*** Material to process

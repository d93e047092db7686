-- ===== src/Accounts/Escrow.antt =====
-- sdk/src/escrow/accounts.ts: the accounts of `ppv_escrow`.
use ppv.Base.{ℕ, list_eq}
use ppv.Base.Result.{Result}
use ppv.Base.Int.{ℤ}
use ppv.Base.Text.{Text, Bytes, codes}
use ppv.Escrow.States.{AgreementState, AgreementType, MilestoneState, ProofStatus, RangeError}
use ppv.Escrow.Events.Reader.{
  Reader, ◌>>=◌, ◌>>◌, pure, pubkey, u8, u32, u64, i64, hex_32, state, agreement_type, proof_status,
  milestone_state, skip, read_all, behind_discriminator,
}
use ppv.Accounts.Discriminators.{account_discriminator}

pub record EscrowAgreementAccount : Type 0 where
  pub schema_version : ℕ
  pub bump : ℕ
  pub vault_authority_bump : ℕ
  pub vault_bump : ℕ
  pub creator : Text
  pub counterparty : Text
  pub agreement_id : ℕ
  pub agreement_type : AgreementType
  pub mint : Text
  pub vault : Text
  pub amount : ℕ
  pub terms_hash : Text
  pub state : AgreementState
  pub created_at : ℤ
  pub funded_at : ℤ
  pub completed_at : ℤ
  pub settled_at : ℤ
  pub proof_count : ℕ
  pub settlement_proof : Text
  pub dispute_opened_by : Text
  pub state_changed_at : ℤ
  pub milestone_count : ℕ
  pub milestones_settled : ℕ
  pub milestone_total : ℕ
  pub settled_total : ℕ

unfoldable pub read_escrow_agreement_account : Reader EscrowAgreementAccount
read_escrow_agreement_account = do
  schema_version ← u8
  bump ← u8
  vault_authority_bump ← u8
  vault_bump ← u8
  creator ← pubkey
  counterparty ← pubkey
  agreement_id ← u64
  agreement_type ← agreement_type
  mint ← pubkey
  vault ← pubkey
  amount ← u64
  terms_hash ← hex_32
  state ← state
  created_at ← i64
  funded_at ← i64
  completed_at ← i64
  settled_at ← i64
  proof_count ← u32
  settlement_proof ← pubkey
  dispute_opened_by ← pubkey
  state_changed_at ← i64
  milestone_count ← u32
  milestones_settled ← u32
  milestone_total ← u64
  settled_total ← u64
  skip 40
  pure (record {
    schema_version = schema_version;
    bump = bump;
    vault_authority_bump = vault_authority_bump;
    vault_bump = vault_bump;
    creator = creator;
    counterparty = counterparty;
    agreement_id = agreement_id;
    agreement_type = agreement_type;
    mint = mint;
    vault = vault;
    amount = amount;
    terms_hash = terms_hash;
    state = state;
    created_at = created_at;
    funded_at = funded_at;
    completed_at = completed_at;
    settled_at = settled_at;
    proof_count = proof_count;
    settlement_proof = settlement_proof;
    dispute_opened_by = dispute_opened_by;
    state_changed_at = state_changed_at;
    milestone_count = milestone_count;
    milestones_settled = milestones_settled;
    milestone_total = milestone_total;
    settled_total = settled_total;
  })

unfoldable pub decode_escrow_agreement_account :
    (Text → Bytes) → Bytes → Result RangeError EscrowAgreementAccount
unfolding account_discriminator read_escrow_agreement_account
decode_escrow_agreement_account sha256 =
    behind_discriminator (account_discriminator sha256 (codes "EscrowAgreement"))
      (read_all read_escrow_agreement_account)

pub record ProofAccount : Type 0 where
  pub schema_version : ℕ
  pub bump : ℕ
  pub agreement : Text
  pub core_proof : Text
  pub submitter : Text
  pub proof_index : ℕ
  pub status : ProofStatus
  pub created_at : ℤ
  pub decided_at : ℤ
  pub decided_by : Text

unfoldable pub read_proof_account : Reader ProofAccount
read_proof_account = do
  schema_version ← u8
  bump ← u8
  agreement ← pubkey
  core_proof ← pubkey
  submitter ← pubkey
  proof_index ← u32
  status ← proof_status
  created_at ← i64
  decided_at ← i64
  decided_by ← pubkey
  skip 32
  pure (record {
    schema_version = schema_version;
    bump = bump;
    agreement = agreement;
    core_proof = core_proof;
    submitter = submitter;
    proof_index = proof_index;
    status = status;
    created_at = created_at;
    decided_at = decided_at;
    decided_by = decided_by;
  })

unfoldable pub decode_proof_account : (Text → Bytes) → Bytes → Result RangeError ProofAccount
unfolding account_discriminator read_proof_account
decode_proof_account sha256 =
    behind_discriminator (account_discriminator sha256 (codes "Proof"))
      (read_all read_proof_account)

pub record MilestoneAccount : Type 0 where
  pub schema_version : ℕ
  pub bump : ℕ
  pub agreement : Text
  pub milestone_index : ℕ
  pub amount : ℕ
  pub terms_hash : Text
  pub state : MilestoneState
  pub proof : Text
  pub created_at : ℤ
  pub submitted_at : ℤ
  pub approved_at : ℤ
  pub settled_at : ℤ

unfoldable pub read_milestone_account : Reader MilestoneAccount
read_milestone_account = do
  schema_version ← u8
  bump ← u8
  agreement ← pubkey
  milestone_index ← u32
  amount ← u64
  terms_hash ← hex_32
  state ← milestone_state
  proof ← pubkey
  created_at ← i64
  submitted_at ← i64
  approved_at ← i64
  settled_at ← i64
  skip 32
  pure (record {
    schema_version = schema_version;
    bump = bump;
    agreement = agreement;
    milestone_index = milestone_index;
    amount = amount;
    terms_hash = terms_hash;
    state = state;
    proof = proof;
    created_at = created_at;
    submitted_at = submitted_at;
    approved_at = approved_at;
    settled_at = settled_at;
  })

unfoldable pub decode_milestone_account :
    (Text → Bytes) → Bytes → Result RangeError MilestoneAccount
unfolding account_discriminator read_milestone_account
decode_milestone_account sha256 =
    behind_discriminator (account_discriminator sha256 (codes "Milestone"))
      (read_all read_milestone_account)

******

== Work to complete ==
Which lines above hold the string "MilestoneAccount"? Show each of them.

== Task response ==
pub record MilestoneAccount : Type 0 where
unfoldable pub read_milestone_account : Reader MilestoneAccount
    (Text → Bytes) → Bytes → Result RangeError MilestoneAccount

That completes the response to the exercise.